╭─ Data for this task

-- ===== src/Tests/LedgerTests.antt =====
-- The ledger at a small table.
use mutsumi_s_sync.Common.{
  ◌≡◌, ◌≢◌, ◌⊎◌, ◌↔◌, refl, true, false, none, some, List, [], ◌++◌, Text, codes, text_eq,
  starts_with, length, if◌then◌else◌, Any, ok, err,
}
use Prim.Native.Nat.{min}
use mutsumi_s_sync.Tests.Samples.{event_of, actor_of}
use mutsumi_s_sync.Ledger.{
  EventRecord, ActorRecord, Ledger, EventQuery, empty, integrity_error, inbound, outbound,
  finalized, append_event, get_event, get_events, has_unanswered_proactive, ensure_actor,
}
use mutsumi_s_sync.Ledger.Invariant.{
  IsValid, IsValid-empty, new_row, appended, append_event_lem, append_event-IsValid,
}
use mutsumi_s_sync.Ledger.Queries.{
  matching, get_events_lem, Unanswered, has_unanswered_proactive_iff,
}

abbrev poke : EventRecord
poke = event_of (codes "e1") (codes "private:1") outbound finalized (codes "heartbeat:private:1:7")

abbrev reply : EventRecord
reply = event_of (codes "e2") (codes "private:1") inbound finalized []

abbrev one : Ledger
one = (append_event [] 5 poke empty).1

abbrev two : Ledger
two = (append_event [] 6 reply one).1

abbrev query : EventQuery
query = record {
  conversation_id = some (codes "private:1");
  exclude_conversation_id = none;
  visibility = none;
  after_sequence = 0;
  limit = 1;
  finalized_only = true;
  latest = true;
}

unanswered_then_answered :
    (has_unanswered_proactive (codes "private:1") one ≡ true)
    × (has_unanswered_proactive (codes "private:1") two ≡ false)
    × (length (get_events query two) ≡ 1)
    × ((append_event [] 9 reply two).0 ≡ err integrity_error)
unfolding append_event has_unanswered_proactive get_events text_eq starts_with
unanswered_then_answered = (refl, refl, refl, refl)

append_event-IsValid_example : IsValid one
append_event-IsValid_example = append_event-IsValid [] 5 poke empty IsValid-empty

two-IsValid : IsValid two
two-IsValid = append_event-IsValid [] 6 reply one append_event-IsValid_example

append_event_lem_example :
    ((get_event (codes "e2") one ≢ none)
      × (append_event [] 6 reply one ≡ (err integrity_error, one)))
    ⊎ ((get_event (codes "e2") one ≡ none)
        × (append_event [] 6 reply one
            ≡ (ok (new_row [] 6 reply one), appended (new_row [] 6 reply one) one))
        × ((id : Text)
            → get_event id (appended (new_row [] 6 reply one) one) ≡ (
                if text_eq (codes "e2") id
                then some (new_row [] 6 reply one)
                else get_event id one)))
append_event_lem_example = append_event_lem [] 6 reply one append_event-IsValid_example

get_events_lem_example :
    (others : List EventRecord) × (matching query two ≡ others ++ get_events query two)
    × (length (get_events query two) ≡ min 1 (length (matching query two)))
get_events_lem_example = get_events_lem query two

has_unanswered_proactive_iff_example :
    (has_unanswered_proactive (codes "private:1") two ≡ true)
    ↔ Any (Unanswered (codes "private:1") two.events) two.events
has_unanswered_proactive_iff_example =
    has_unanswered_proactive_iff (codes "private:1") two two-IsValid

abbrev alice : ActorRecord
alice = actor_of (codes "qq:user:1") (codes "Alice")

abbrev known : Ledger
known = (ensure_actor 7 alice two).1
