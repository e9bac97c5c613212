-- ===== src/Guards.antt =====
-- The guards of common/guards that read an access token or a shared key: AdminGuard, JwtAuthGuard,
-- RolesGuard and InternalGuard. A guard replies the payload that it puts into the request. What
-- `extractBearerToken` has made of the header is an argument, and so are the two environment
-- variables; `verify` is that of the tokens of the framework.
pub mod Roles
use text.Mathlib.Text.{◌==◌ as str_eq}
use kigali_pack.Base.{
  ℕ, Bool, true, false, ◌&&◌, ◌||◌, not, Option, none, some, List, [], ◌∷◌, String, ◌==◌,
  if◌then◌else◌,
}
use kigali_pack.Service.{Result, ok, err, Exception, unauthorized, forbidden}
use kigali_pack.Data.{OrganizationRole, JwtPayload}

abbrev role_number : OrganizationRole → ℕ
role_number OrganizationRole.master_admin = 0
role_number OrganizationRole.owner = 1
role_number OrganizationRole.admin = 2
role_number OrganizationRole.developer = 3
role_number OrganizationRole.viewer = 4
role_number OrganizationRole.org_owner = 5
role_number OrganizationRole.org_member = 6

abbrev pub same_role : OrganizationRole → OrganizationRole → Bool
same_role a b = role_number a == role_number b

-- `roles.includes(role)`
abbrev pub includes : List OrganizationRole → OrganizationRole → Bool
includes [] role = false
includes (r ∷ roles) role = same_role r role || includes roles role

-- A role without an entry stands for itself.
abbrev pub role_aliases : OrganizationRole → List OrganizationRole
role_aliases OrganizationRole.master_admin = OrganizationRole.master_admin ∷ []
role_aliases OrganizationRole.owner = OrganizationRole.owner ∷ OrganizationRole.org_owner ∷ []
role_aliases OrganizationRole.org_owner = OrganizationRole.owner ∷ OrganizationRole.org_owner ∷ []
role_aliases OrganizationRole.admin = OrganizationRole.admin ∷ []
role_aliases OrganizationRole.developer = OrganizationRole.developer ∷ []
role_aliases OrganizationRole.viewer = OrganizationRole.viewer ∷ OrganizationRole.org_member ∷ []
role_aliases OrganizationRole.org_member =
    OrganizationRole.viewer ∷ OrganizationRole.org_member ∷ []

unfoldable pub role_matches : OrganizationRole → OrganizationRole → Bool
role_matches member_role required = includes (role_aliases required) member_role

abbrev pub some_matches : OrganizationRole → List OrganizationRole → Bool
some_matches member_role [] = false
some_matches member_role (r ∷ required) =
    role_matches member_role r || some_matches member_role required

-- `RolesGuard.canActivate`, for the payload that an earlier guard has put into the request.
unfoldable pub roles_guard : List OrganizationRole → Option JwtPayload → Result (Unit {0})
roles_guard [] member = ok tt
roles_guard (r ∷ required) none = err unauthorized
roles_guard (r ∷ required) (some payload) =
    if some_matches payload.role (r ∷ required) then ok tt else err forbidden

-- `JwtAuthGuard.canActivate`
unfoldable pub jwt_auth_guard :
    (String → Option JwtPayload) → Bool → Option String → Result (Option JwtPayload)
jwt_auth_guard verify true token = ok none
jwt_auth_guard verify false none = err unauthorized
jwt_auth_guard verify false (some token) = elim (verify token) [
  | none ↦ err unauthorized
  | some payload ↦ ok (some payload)
]

abbrev pub is_admin_role : OrganizationRole → Bool
is_admin_role role =
    same_role role OrganizationRole.master_admin
    || (same_role role OrganizationRole.admin
        || (same_role role OrganizationRole.owner || same_role role OrganizationRole.org_owner))

-- `adminApiKey && typeof providedAdminKey === 'string' && providedAdminKey === adminApiKey`
abbrev pub same_key : Option String → Option String → Bool
same_key none provided = false
same_key (some key) none = false
same_key (some key) (some provided) = not (str_eq key "") && str_eq provided key

abbrev admitted : Option JwtPayload → Result (Option JwtPayload)
admitted none = err unauthorized
admitted (some payload) = if is_admin_role payload.role then ok (some payload) else err forbidden

abbrev by_token : (String → Option JwtPayload) → Option String → Result (Option JwtPayload)
by_token verify none = err unauthorized
by_token verify (some token) = admitted (verify token)

-- `AdminGuard.canActivate`
unfoldable pub admin_guard :
    (String → Option JwtPayload)
    → Bool
    → Option String
    → Option String
    → Option String
    → Result (Option JwtPayload)
admin_guard verify is_public admin_api_key provided token =
    if is_public || same_key admin_api_key provided then ok none else by_token verify token

-- `InternalGuard.canActivate`; `provided` is the first of the two headers that is there.
unfoldable pub internal_guard : Option String → Option String → Result (Unit {0})
internal_guard internal_key provided =
    if same_key internal_key provided then ok tt else err unauthorized
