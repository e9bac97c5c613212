-- ===== src/Guards/Roles.antt =====
-- Which tokens the guards accept.
use kigali_pack.Base.{
  ◌≡◌, refl, ap, ◌∙◌, true, false, Option, none, some, List, [], ◌∷◌, String, if◌then◌else◌,
}
use kigali_pack.Service.{ok, err, forbidden}
use kigali_pack.Data.{OrganizationRole, JwtPayload}
use kigali_pack.Sessions.{normalize_role}
use kigali_pack.Guards.{
  role_matches, some_matches, roles_guard, is_admin_role, admin_guard, admitted,
}

-- Normalising the role of a member, as the sign-in does, changes no match.
role_matches-normalize_role :
    (member_role required : OrganizationRole)
    → role_matches (normalize_role member_role) required ≡ role_matches member_role required
unfolding role_matches normalize_role
role_matches-normalize_role OrganizationRole.master_admin required = refl
role_matches-normalize_role OrganizationRole.owner OrganizationRole.master_admin = refl
role_matches-normalize_role OrganizationRole.owner OrganizationRole.owner = refl
role_matches-normalize_role OrganizationRole.owner OrganizationRole.admin = refl
role_matches-normalize_role OrganizationRole.owner OrganizationRole.developer = refl
role_matches-normalize_role OrganizationRole.owner OrganizationRole.viewer = refl
role_matches-normalize_role OrganizationRole.owner OrganizationRole.org_owner = refl
role_matches-normalize_role OrganizationRole.owner OrganizationRole.org_member = refl
role_matches-normalize_role OrganizationRole.admin required = refl
role_matches-normalize_role OrganizationRole.developer required = refl
role_matches-normalize_role OrganizationRole.viewer OrganizationRole.master_admin = refl
role_matches-normalize_role OrganizationRole.viewer OrganizationRole.owner = refl
role_matches-normalize_role OrganizationRole.viewer OrganizationRole.admin = refl
role_matches-normalize_role OrganizationRole.viewer OrganizationRole.developer = refl
role_matches-normalize_role OrganizationRole.viewer OrganizationRole.viewer = refl
role_matches-normalize_role OrganizationRole.viewer OrganizationRole.org_owner = refl
role_matches-normalize_role OrganizationRole.viewer OrganizationRole.org_member = refl
role_matches-normalize_role OrganizationRole.org_owner required = refl
role_matches-normalize_role OrganizationRole.org_member required = refl

some_matches-normalize_role :
    (member_role : OrganizationRole) (required : List OrganizationRole)
    → some_matches (normalize_role member_role) required ≡ some_matches member_role required
some_matches-normalize_role member_role [] = refl
some_matches-normalize_role member_role (r ∷ required) =
    rw (role_matches-normalize_role member_role r, some_matches-normalize_role member_role required)

pub is_admin_role-normalize_role :
    (role : OrganizationRole) → is_admin_role (normalize_role role) ≡ is_admin_role role
unfolding normalize_role
is_admin_role-normalize_role OrganizationRole.master_admin = refl
is_admin_role-normalize_role OrganizationRole.owner = refl
is_admin_role-normalize_role OrganizationRole.admin = refl
is_admin_role-normalize_role OrganizationRole.developer = refl
is_admin_role-normalize_role OrganizationRole.viewer = refl
is_admin_role-normalize_role OrganizationRole.org_owner = refl
is_admin_role-normalize_role OrganizationRole.org_member = refl

abbrev pub normalized : JwtPayload → JwtPayload
normalized payload = record payload { role = normalize_role payload.role }

-- A sign-in through the authentication service normalises the role in the token, one through the
-- organizations does not: for no list of required roles does the guard of roles tell the two tokens
-- apart, and the guard of the admins accepts both or neither.
pub roles_guard-normalize_role :
    (payload : JwtPayload) (required : List OrganizationRole)
    → (roles_guard required (some (normalized payload)) ≡ roles_guard required (some payload))
      × (is_admin_role (normalize_role payload.role) ≡ is_admin_role payload.role)
unfolding roles_guard
roles_guard-normalize_role payload [] = (refl, is_admin_role-normalize_role payload.role)
roles_guard-normalize_role payload (r ∷ required) = (
  ap (λ b. if b then ok tt else err forbidden)
      (some_matches-normalize_role payload.role (r ∷ required)),
  is_admin_role-normalize_role payload.role,
)

-- A token of an admin is accepted.
pub admin_guard_token :
    (verify : String → Option JwtPayload) (admin_api_key : Option String) (token : String)
    (payload : JwtPayload)
    → verify token ≡ some payload
    → is_admin_role payload.role ≡ true
    → admin_guard verify false admin_api_key none (some token) ≡ ok (some payload)
unfolding admin_guard
admin_guard_token verify none token payload e role =
    ap admitted e ∙ ap (λ b. if b then ok (some payload) else err forbidden) role
admin_guard_token verify (some key) token payload e role =
    ap admitted e ∙ ap (λ b. if b then ok (some payload) else err forbidden) role
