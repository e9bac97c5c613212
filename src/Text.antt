-- ===== src/Text.antt =====
-- Texts that the program walks character by character: lists of code units, with the string
-- methods and character classes of the language that the source uses on them.
pub mod Decimal
pub mod Split
use Prim.Native.Char.{code}
use kigali_pack.Base.{
  ℕ, zero, suc, take, drop, ◌≡◌, refl, Bool, true, false, ◌&&◌, List, [], ◌∷◌, ◌++◌, String, arith,
  leb, ◌==◌, if◌then◌else◌,
}

abbrev pub Text : Type 0
Text = List ℕ

abbrev pub codes : String → Text
codes String.[] = []
codes (String.◌∷◌ c s) = code c ∷ codes s

-- `\d`
abbrev pub is_digit : ℕ → Bool
is_digit c = leb b'0' c && leb c b'9'

abbrev pub all : (ℕ → Bool) → Text → Bool
all p [] = true
all p (c ∷ s) = p c && all p s

-- `replace(/\D/g, '')`
unfoldable pub only_digits : Text → Text
only_digits [] = []
only_digits (c ∷ s) = if is_digit c then c ∷ only_digits s else only_digits s

-- `s.startsWith(p)`, the prefix first.
abbrev pub starts_with : Text → Text → Bool
starts_with [] s = true
starts_with (c ∷ p) [] = false
starts_with (c ∷ p) (d ∷ s) = c == d && starts_with p s

pub all-only_digits : (s : Text) → all is_digit (only_digits s) ≡ true
unfolding only_digits
all-only_digits [] = refl
all-only_digits (c ∷ s) = ground (arith, all-only_digits s)

pub only_digits_of_all : (s : Text) → all is_digit s ≡ true → only_digits s ≡ s
unfolding only_digits
only_digits_of_all [] h = refl
only_digits_of_all (c ∷ s) h = ground (arith, only_digits_of_all s)

pub only_digits-append : (s t : Text) → only_digits (s ++ t) ≡ only_digits s ++ only_digits t
unfolding only_digits
only_digits-append [] t = refl
only_digits-append (c ∷ s) t = ground (arith, only_digits-append s t)

pub all-take : (n : ℕ) (s : Text) → all is_digit s ≡ true → all is_digit (take n s) ≡ true
all-take zero s h = refl
all-take (suc n) [] h = refl
all-take (suc n) (c ∷ s) h = ground (arith, all-take n s)

pub all-drop : (n : ℕ) (s : Text) → all is_digit s ≡ true → all is_digit (drop n s) ≡ true
all-drop zero s h = h
all-drop (suc n) [] h = refl
all-drop (suc n) (c ∷ s) h = all-drop n s (ground arith)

╰─

(About this task): Among the lines above, find the ones containing "includes" and copy them.

(Result for this task):
-- `roles.includes(role)`
abbrev pub includes : List OrganizationRole → OrganizationRole → Bool
includes [] role = false
includes (r ∷ roles) role = same_role r role || includes roles role
role_matches member_role required = includes (role_aliases required) member_role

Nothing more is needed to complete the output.